§ EXERCISE DESCRIPTION: Only the lines of the data below from the one with "unless_failed (done, ok _) f = f done" through the one with "room_kicks true (some" are wanted. Repeat them exactly.

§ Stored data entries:
# # # # #
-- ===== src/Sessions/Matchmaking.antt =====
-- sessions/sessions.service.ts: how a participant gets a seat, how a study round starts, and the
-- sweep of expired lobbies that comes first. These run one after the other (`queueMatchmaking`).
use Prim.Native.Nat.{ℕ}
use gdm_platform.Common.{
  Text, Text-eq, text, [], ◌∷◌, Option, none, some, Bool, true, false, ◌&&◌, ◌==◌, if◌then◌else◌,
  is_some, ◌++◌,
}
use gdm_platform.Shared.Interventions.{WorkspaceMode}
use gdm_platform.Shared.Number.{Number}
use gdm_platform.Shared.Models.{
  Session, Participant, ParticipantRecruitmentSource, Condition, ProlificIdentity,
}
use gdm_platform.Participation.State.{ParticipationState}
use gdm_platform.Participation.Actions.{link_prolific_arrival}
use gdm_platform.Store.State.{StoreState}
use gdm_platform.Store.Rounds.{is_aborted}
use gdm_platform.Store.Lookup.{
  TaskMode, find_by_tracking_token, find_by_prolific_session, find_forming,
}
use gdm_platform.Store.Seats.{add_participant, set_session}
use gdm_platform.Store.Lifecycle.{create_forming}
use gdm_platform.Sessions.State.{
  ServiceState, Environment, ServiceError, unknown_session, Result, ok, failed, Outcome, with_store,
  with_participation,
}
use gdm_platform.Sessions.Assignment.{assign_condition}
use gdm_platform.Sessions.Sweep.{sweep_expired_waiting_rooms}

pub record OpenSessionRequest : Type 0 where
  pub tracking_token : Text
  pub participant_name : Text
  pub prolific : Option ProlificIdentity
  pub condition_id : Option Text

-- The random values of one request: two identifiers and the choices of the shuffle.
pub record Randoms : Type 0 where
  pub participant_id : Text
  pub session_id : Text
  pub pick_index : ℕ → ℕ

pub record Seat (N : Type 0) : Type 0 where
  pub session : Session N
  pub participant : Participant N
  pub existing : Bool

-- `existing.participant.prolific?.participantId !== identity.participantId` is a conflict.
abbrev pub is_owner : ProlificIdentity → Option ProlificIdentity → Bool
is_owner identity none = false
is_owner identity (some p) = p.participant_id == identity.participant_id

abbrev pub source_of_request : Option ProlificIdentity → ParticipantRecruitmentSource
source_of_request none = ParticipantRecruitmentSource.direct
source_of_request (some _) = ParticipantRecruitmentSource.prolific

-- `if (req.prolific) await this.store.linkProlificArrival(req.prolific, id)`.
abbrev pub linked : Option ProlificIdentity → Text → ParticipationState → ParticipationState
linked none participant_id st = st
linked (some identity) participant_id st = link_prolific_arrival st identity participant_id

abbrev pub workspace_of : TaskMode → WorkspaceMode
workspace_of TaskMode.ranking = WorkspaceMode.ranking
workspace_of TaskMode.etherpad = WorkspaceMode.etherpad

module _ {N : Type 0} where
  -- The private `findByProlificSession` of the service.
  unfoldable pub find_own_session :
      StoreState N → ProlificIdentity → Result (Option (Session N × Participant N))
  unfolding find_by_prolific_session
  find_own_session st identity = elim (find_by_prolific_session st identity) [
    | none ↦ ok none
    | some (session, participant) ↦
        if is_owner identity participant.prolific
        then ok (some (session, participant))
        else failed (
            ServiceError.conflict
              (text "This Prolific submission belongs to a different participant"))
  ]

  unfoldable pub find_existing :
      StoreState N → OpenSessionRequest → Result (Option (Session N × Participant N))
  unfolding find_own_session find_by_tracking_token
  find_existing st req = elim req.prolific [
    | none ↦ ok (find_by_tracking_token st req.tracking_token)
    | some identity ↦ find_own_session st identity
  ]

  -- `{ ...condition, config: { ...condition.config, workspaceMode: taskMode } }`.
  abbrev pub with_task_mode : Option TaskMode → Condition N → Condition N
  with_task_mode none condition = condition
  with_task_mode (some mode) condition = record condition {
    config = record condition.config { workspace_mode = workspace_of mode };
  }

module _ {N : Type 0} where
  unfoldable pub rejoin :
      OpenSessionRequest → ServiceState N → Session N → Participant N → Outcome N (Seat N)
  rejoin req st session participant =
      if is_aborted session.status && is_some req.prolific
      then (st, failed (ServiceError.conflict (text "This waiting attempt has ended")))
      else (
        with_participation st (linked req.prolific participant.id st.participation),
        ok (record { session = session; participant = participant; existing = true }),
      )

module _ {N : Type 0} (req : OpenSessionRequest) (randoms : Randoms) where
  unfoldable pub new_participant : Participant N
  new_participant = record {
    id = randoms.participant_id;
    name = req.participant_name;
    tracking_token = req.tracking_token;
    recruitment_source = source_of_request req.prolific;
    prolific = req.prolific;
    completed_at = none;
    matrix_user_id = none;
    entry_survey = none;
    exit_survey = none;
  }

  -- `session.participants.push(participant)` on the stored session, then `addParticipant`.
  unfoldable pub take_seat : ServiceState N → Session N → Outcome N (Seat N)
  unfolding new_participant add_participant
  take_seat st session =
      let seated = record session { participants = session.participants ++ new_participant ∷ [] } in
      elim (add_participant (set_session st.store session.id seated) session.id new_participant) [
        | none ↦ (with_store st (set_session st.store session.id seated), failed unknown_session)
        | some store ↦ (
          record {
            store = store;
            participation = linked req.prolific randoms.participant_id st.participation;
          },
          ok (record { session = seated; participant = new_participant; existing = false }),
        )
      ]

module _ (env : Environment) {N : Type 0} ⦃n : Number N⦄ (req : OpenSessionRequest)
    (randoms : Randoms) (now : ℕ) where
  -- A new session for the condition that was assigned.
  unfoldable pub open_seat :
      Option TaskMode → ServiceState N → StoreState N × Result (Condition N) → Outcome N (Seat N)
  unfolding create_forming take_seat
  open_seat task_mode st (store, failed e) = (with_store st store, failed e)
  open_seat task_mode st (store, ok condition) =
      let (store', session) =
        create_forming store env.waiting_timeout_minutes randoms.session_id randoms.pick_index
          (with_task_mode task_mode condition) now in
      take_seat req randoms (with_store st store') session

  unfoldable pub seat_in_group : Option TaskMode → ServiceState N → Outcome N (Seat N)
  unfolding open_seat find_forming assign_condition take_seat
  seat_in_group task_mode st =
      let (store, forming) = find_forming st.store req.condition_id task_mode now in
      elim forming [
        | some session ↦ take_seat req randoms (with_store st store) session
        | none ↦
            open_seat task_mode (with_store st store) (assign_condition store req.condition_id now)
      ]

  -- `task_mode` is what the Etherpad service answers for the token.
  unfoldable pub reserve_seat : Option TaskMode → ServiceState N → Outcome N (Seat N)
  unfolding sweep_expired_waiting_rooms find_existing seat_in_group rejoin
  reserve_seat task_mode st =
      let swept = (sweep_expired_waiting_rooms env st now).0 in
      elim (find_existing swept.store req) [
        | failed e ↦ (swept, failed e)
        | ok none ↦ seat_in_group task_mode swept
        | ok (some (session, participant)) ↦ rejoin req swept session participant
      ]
# # # # #
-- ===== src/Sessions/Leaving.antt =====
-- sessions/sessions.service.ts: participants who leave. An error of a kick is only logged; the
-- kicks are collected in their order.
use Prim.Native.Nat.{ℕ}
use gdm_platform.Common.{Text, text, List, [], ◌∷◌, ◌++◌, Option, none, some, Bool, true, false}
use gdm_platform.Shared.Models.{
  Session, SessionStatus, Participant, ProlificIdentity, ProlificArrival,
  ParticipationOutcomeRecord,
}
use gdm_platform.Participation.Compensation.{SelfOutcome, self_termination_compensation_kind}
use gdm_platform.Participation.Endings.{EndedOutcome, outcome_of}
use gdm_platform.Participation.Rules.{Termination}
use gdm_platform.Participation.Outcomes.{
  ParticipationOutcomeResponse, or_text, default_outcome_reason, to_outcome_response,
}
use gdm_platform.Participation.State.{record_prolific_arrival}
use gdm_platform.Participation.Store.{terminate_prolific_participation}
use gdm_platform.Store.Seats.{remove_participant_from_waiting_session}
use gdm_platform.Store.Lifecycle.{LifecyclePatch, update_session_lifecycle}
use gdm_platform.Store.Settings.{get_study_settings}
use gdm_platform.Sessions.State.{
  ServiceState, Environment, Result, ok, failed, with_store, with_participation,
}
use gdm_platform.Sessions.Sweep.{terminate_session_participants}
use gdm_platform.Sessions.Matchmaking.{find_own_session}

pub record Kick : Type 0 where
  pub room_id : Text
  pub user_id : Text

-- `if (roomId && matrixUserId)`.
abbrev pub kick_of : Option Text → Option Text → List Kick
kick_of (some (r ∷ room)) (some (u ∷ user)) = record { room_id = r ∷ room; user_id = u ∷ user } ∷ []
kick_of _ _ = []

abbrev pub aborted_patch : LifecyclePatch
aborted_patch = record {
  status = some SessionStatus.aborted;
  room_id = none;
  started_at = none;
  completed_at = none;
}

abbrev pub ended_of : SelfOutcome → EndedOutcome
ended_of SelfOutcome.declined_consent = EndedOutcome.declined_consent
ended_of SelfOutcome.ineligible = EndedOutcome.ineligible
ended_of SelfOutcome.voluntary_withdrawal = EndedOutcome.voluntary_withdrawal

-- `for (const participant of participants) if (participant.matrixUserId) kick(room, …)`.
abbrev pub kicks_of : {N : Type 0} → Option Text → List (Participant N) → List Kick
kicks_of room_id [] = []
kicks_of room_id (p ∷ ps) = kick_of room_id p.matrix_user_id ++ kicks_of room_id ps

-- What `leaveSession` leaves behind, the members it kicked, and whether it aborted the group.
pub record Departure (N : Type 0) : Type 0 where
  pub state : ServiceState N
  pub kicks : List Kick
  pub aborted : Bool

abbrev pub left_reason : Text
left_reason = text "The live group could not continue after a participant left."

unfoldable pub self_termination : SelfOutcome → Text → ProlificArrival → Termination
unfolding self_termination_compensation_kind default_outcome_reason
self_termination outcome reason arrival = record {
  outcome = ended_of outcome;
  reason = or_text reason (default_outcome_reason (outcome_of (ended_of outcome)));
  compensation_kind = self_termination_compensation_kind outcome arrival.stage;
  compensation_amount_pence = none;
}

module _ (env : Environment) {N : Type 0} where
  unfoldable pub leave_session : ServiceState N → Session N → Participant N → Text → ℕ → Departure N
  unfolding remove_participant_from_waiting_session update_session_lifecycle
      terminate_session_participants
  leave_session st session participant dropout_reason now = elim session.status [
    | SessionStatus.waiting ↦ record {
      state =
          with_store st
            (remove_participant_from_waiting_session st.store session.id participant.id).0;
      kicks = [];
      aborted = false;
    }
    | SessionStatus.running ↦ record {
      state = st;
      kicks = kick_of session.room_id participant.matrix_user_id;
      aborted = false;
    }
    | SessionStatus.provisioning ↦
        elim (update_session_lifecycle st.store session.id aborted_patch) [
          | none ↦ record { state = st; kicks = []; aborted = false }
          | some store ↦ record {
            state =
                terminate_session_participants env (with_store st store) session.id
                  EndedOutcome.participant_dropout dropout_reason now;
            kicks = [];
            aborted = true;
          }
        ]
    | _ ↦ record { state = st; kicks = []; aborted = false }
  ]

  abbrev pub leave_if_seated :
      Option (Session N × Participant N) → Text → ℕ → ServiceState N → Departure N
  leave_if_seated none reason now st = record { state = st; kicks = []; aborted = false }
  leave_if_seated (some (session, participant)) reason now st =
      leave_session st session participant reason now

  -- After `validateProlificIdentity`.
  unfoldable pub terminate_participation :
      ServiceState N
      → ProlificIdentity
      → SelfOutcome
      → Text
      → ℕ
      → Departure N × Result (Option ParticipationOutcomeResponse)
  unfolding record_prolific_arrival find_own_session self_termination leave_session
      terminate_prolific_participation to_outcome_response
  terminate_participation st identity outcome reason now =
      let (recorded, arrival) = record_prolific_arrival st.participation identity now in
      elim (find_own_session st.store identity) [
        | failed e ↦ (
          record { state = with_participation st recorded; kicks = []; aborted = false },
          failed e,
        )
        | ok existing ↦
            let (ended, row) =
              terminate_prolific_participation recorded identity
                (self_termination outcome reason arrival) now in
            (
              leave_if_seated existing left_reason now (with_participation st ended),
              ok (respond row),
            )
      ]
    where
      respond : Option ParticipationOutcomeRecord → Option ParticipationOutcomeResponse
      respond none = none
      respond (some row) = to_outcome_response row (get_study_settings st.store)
# # # # #
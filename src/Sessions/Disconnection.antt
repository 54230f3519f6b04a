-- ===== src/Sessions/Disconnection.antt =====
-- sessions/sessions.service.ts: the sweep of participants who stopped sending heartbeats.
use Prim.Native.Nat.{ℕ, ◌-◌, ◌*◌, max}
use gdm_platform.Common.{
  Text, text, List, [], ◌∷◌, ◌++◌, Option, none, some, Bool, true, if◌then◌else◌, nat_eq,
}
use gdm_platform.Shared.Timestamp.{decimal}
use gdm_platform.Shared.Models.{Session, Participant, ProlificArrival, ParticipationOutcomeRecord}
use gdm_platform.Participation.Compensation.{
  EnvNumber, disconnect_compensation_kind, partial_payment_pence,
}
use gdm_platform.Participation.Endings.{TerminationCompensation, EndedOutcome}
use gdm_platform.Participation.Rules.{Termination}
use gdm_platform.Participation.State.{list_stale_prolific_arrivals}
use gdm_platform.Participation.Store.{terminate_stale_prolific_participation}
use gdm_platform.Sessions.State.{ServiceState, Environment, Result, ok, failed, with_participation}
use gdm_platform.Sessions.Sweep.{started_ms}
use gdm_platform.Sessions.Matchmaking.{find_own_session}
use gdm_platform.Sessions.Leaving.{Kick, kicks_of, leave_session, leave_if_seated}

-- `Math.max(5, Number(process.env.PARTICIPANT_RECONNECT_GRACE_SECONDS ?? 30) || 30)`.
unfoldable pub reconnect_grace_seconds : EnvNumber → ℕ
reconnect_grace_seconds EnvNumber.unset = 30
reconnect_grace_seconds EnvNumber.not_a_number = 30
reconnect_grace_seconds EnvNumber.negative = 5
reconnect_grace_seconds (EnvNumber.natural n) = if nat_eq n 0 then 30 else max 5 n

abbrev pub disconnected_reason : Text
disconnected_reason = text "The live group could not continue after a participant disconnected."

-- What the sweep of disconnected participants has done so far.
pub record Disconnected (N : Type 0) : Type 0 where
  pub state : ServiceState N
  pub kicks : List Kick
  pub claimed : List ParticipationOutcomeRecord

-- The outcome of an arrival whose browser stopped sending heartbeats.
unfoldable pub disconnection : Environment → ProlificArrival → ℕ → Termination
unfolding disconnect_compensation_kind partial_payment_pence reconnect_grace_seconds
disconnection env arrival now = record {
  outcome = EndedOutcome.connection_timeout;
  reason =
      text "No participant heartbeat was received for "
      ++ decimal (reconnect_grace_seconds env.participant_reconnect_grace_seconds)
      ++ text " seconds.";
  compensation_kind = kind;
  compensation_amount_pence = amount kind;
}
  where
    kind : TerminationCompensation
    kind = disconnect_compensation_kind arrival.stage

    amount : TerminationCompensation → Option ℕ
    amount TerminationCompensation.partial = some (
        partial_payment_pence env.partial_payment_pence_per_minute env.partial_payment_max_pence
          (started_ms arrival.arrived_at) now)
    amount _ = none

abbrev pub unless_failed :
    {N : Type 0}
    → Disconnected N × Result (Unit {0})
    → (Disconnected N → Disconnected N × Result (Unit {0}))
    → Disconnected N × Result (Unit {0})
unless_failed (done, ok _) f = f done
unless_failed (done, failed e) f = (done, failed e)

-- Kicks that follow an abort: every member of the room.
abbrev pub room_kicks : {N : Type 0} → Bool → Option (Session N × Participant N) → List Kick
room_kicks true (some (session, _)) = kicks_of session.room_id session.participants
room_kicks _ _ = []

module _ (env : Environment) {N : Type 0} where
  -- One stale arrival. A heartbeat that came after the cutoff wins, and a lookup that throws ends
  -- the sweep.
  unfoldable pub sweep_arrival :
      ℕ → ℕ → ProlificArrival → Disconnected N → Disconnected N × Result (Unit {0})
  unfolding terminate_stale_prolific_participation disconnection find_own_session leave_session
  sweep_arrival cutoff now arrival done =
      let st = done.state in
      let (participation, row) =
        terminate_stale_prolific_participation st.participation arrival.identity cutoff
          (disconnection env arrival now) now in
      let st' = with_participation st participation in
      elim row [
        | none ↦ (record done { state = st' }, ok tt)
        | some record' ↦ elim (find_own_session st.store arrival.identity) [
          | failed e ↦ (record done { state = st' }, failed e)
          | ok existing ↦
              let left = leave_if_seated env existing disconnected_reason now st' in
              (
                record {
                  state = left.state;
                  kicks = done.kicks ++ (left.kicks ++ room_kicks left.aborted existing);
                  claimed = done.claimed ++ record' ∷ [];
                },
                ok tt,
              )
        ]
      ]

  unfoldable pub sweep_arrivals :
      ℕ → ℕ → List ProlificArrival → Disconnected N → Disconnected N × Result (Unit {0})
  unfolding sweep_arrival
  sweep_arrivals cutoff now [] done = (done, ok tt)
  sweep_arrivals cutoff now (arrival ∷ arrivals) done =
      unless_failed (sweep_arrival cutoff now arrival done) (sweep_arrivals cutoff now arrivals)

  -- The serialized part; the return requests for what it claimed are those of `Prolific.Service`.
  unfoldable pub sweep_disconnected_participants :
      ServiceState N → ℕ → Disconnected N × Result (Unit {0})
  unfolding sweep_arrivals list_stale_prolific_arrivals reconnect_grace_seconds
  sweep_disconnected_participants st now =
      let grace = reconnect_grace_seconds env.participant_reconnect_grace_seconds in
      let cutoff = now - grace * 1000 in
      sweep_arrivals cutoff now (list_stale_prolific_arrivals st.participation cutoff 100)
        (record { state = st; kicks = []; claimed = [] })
# # # # #
§ EXERCISE RESULT:
unless_failed (done, ok _) f = f done
unless_failed (done, failed e) f = (done, failed e)

-- Kicks that follow an abort: every member of the room.
abbrev pub room_kicks : {N : Type 0} → Bool → Option (Session N × Participant N) → List Kick
room_kicks true (some (session, _)) = kicks_of session.room_id session.participants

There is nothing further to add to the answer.